What separates a demo from something dependable
Production-ready industrial AI needs a data foundation that reflects real operational history. It needs integration deep enough to surface the right information at the right moment in the existing workflow, without requiring people to change how they work. It needs governance that can survive an audit. And it needs to earn genuine trust from the people who will rely on it under pressure.

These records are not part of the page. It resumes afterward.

-- ===== src/Protocol/Tests.antt =====
-- The protocol on concrete frames.
use robotic_character_interf.Base.{ℕ, List, ◌+◌, ◌≤◌, ◌≡◌, ◌≢◌, refl, some, [], ◌∷◌, ◌++◌, arith}
use robotic_character_interf.Protocol.Stream.{desync_issue, DecodeBatch, FrameStreamDecoder, feed}
use robotic_character_interf.Protocol.Checksum.{crc16_ccitt_false}
use robotic_character_interf.Protocol.Framing.{checksum_error, err, ok, decode, Frame, encode}
use robotic_character_interf.Protocol.Framing.RoundTrip.{length-encode, decode-encode, IsValid}
use robotic_character_interf.Base.Lists.{drop, length-append, take, length}
use robotic_character_interf.Protocol.Checksum.Detection.{crc_detects_byte}
use robotic_character_interf.Protocol.Stream.Delivery.{feed-encode_all, encode_all}
use robotic_character_interf.Protocol.Constants.{MessageType, heartbeat}
use robotic_character_interf.Protocol.Stream.Feed.{feed-IsFed, IsFed}
use robotic_character_interf.Base.Message.{say}
use robotic_character_interf.Protocol.Framing.Corruption.{corrupted_byte_rejected}
use robotic_character_interf.Protocol.Framing.Canonical.{encode-decode}

abbrev pub stop_frame : Frame
stop_frame = record { message_type = MessageType.estop; sequence = 258; payload = 1 ∷ 2 ∷ [] }

abbrev beat_frame : Frame
beat_frame = record { message_type = heartbeat; sequence = 7; payload = [] }

abbrev idle_decoder : FrameStreamDecoder
idle_decoder = record { max_buffer_bytes = 64; buffer = [] }

pub stop_frame-IsValid : IsValid stop_frame
stop_frame-IsValid = record {
  sequence_fits = omega arith;
  payload_fits = omega arith;
  payload_bytes = (omega arith, (omega arith, tt));
}

beat_frame-IsValid : IsValid beat_frame
beat_frame-IsValid = record {
  sequence_fits = omega arith;
  payload_fits = omega arith;
  payload_bytes = tt;
}

-- The check value of the checksum, of the digits 1 to 9.
check_value : crc16_ccitt_false (49 ∷ 50 ∷ 51 ∷ 52 ∷ 53 ∷ 54 ∷ 55 ∷ 56 ∷ 57 ∷ []) ≡ 0x29b1
unfolding crc16_ccitt_false
check_value = refl

stop_frame_bytes : take 8 (encode stop_frame) ≡ 82 ∷ 67 ∷ 1 ∷ 4 ∷ 2 ∷ 1 ∷ 2 ∷ 0 ∷ []
unfolding encode
stop_frame_bytes = refl

-- Two bytes before the magic are given up, and the frame after them is delivered.
garbage :
    feed idle_decoder (1 ∷ 2 ∷ encode stop_frame)
    ≡ some (
      idle_decoder,
      record { frames = stop_frame ∷ []; issues = desync_issue 2 ∷ []; buffered_bytes = 0 },
    )
unfolding feed encode crc16_ccitt_false
garbage = refl

crc_detects_byte_example : crc16_ccitt_false (1 ∷ 2 ∷ 3 ∷ []) ≢ crc16_ccitt_false (1 ∷ 6 ∷ 3 ∷ [])
crc_detects_byte_example =
    crc_detects_byte (1 ∷ []) (3 ∷ []) 2 6 (omega arith, tt) (omega arith, tt) (omega arith)
      (omega arith) (λ e. absurd (omega (arith, e)))

decode-encode_example : decode (encode stop_frame) ≡ ok stop_frame
decode-encode_example = decode-encode stop_frame stop_frame-IsValid

corrupted_byte_rejected_example :
    decode (take 8 (encode stop_frame) ++ (1 ∷ [] ++ 3 ∷ []) ++ drop (8 + 2) (encode stop_frame))
    ≡ err (checksum_error (say "frame checksum mismatch"))
corrupted_byte_rejected_example =
    corrupted_byte_rejected stop_frame (1 ∷ []) [] 2 3 stop_frame-IsValid refl (omega arith)
      (λ e. absurd (omega (arith, e)))

feed-IsFed_example :
    (d' : FrameStreamDecoder) × (batch : DecodeBatch) × (feed idle_decoder (1 ∷ 2 ∷ 82 ∷ [])
      ≡ some (d', batch))
    × IsFed idle_decoder (1 ∷ 2 ∷ 82 ∷ []) d' batch
feed-IsFed_example = feed-IsFed idle_decoder (1 ∷ 2 ∷ 82 ∷ [])

two_frames_fit : length (encode_all (stop_frame ∷ beat_frame ∷ [])) ≤ 64
two_frames_fit = omega (
  arith,
  length-append (encode stop_frame) (encode beat_frame ++ []),
  length-append (encode beat_frame) [],
  length-encode stop_frame,
  length-encode beat_frame,
)

feed-encode_all_example :
    feed idle_decoder (encode_all (stop_frame ∷ beat_frame ∷ []))
    ≡ some (
      idle_decoder,
      record { frames = stop_frame ∷ beat_frame ∷ []; issues = []; buffered_bytes = 0 },
    )
feed-encode_all_example =
    feed-encode_all idle_decoder (stop_frame ∷ beat_frame ∷ []) refl
      (stop_frame-IsValid, (beat_frame-IsValid, tt)) two_frames_fit

abbrev beat_bytes : List ℕ
beat_bytes = 82 ∷ 67 ∷ 1 ∷ 2 ∷ 7 ∷ 0 ∷ 0 ∷ 0 ∷ 156 ∷ 32 ∷ []

encode-decode_example : (encode beat_frame ≡ beat_bytes) × IsValid beat_frame
unfolding decode crc16_ccitt_false
encode-decode_example =
    encode-decode beat_bytes beat_frame
      (
        omega arith,
        (
          omega arith,
          (
            omega arith,
            (
              omega arith,
              (
                omega arith,
                (omega arith, (omega arith, (omega arith, (omega arith, (omega arith, tt))))),
              ),
            ),
          ),
        ),
      )
      refl

beat_frame_bytes : encode beat_frame ≡ beat_bytes
unfolding encode crc16_ccitt_false
beat_frame_bytes = refl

None of those things are delivered by a model. They are built over time, through operational experience, customer feedback, and the kind of domain-specific iteration that only comes from being embedded in real industrial environments across hundreds of deployments. That is exactly why organizations like Berkvens are seeing results that go beyond a pilot, and why the gap between a promising demo and a dependable system is so much wider than most in-house build projects anticipate.
Moving from a pilot to operational success is less about ambition than about asking the right question at the start, focusing not on what to build, but on what the operation needs to be able to depend on, and where that trust actually comes from.
That shift in framing, is what separates the organizations that will have production-ready AI running in two years from the ones that will still be managing pilots.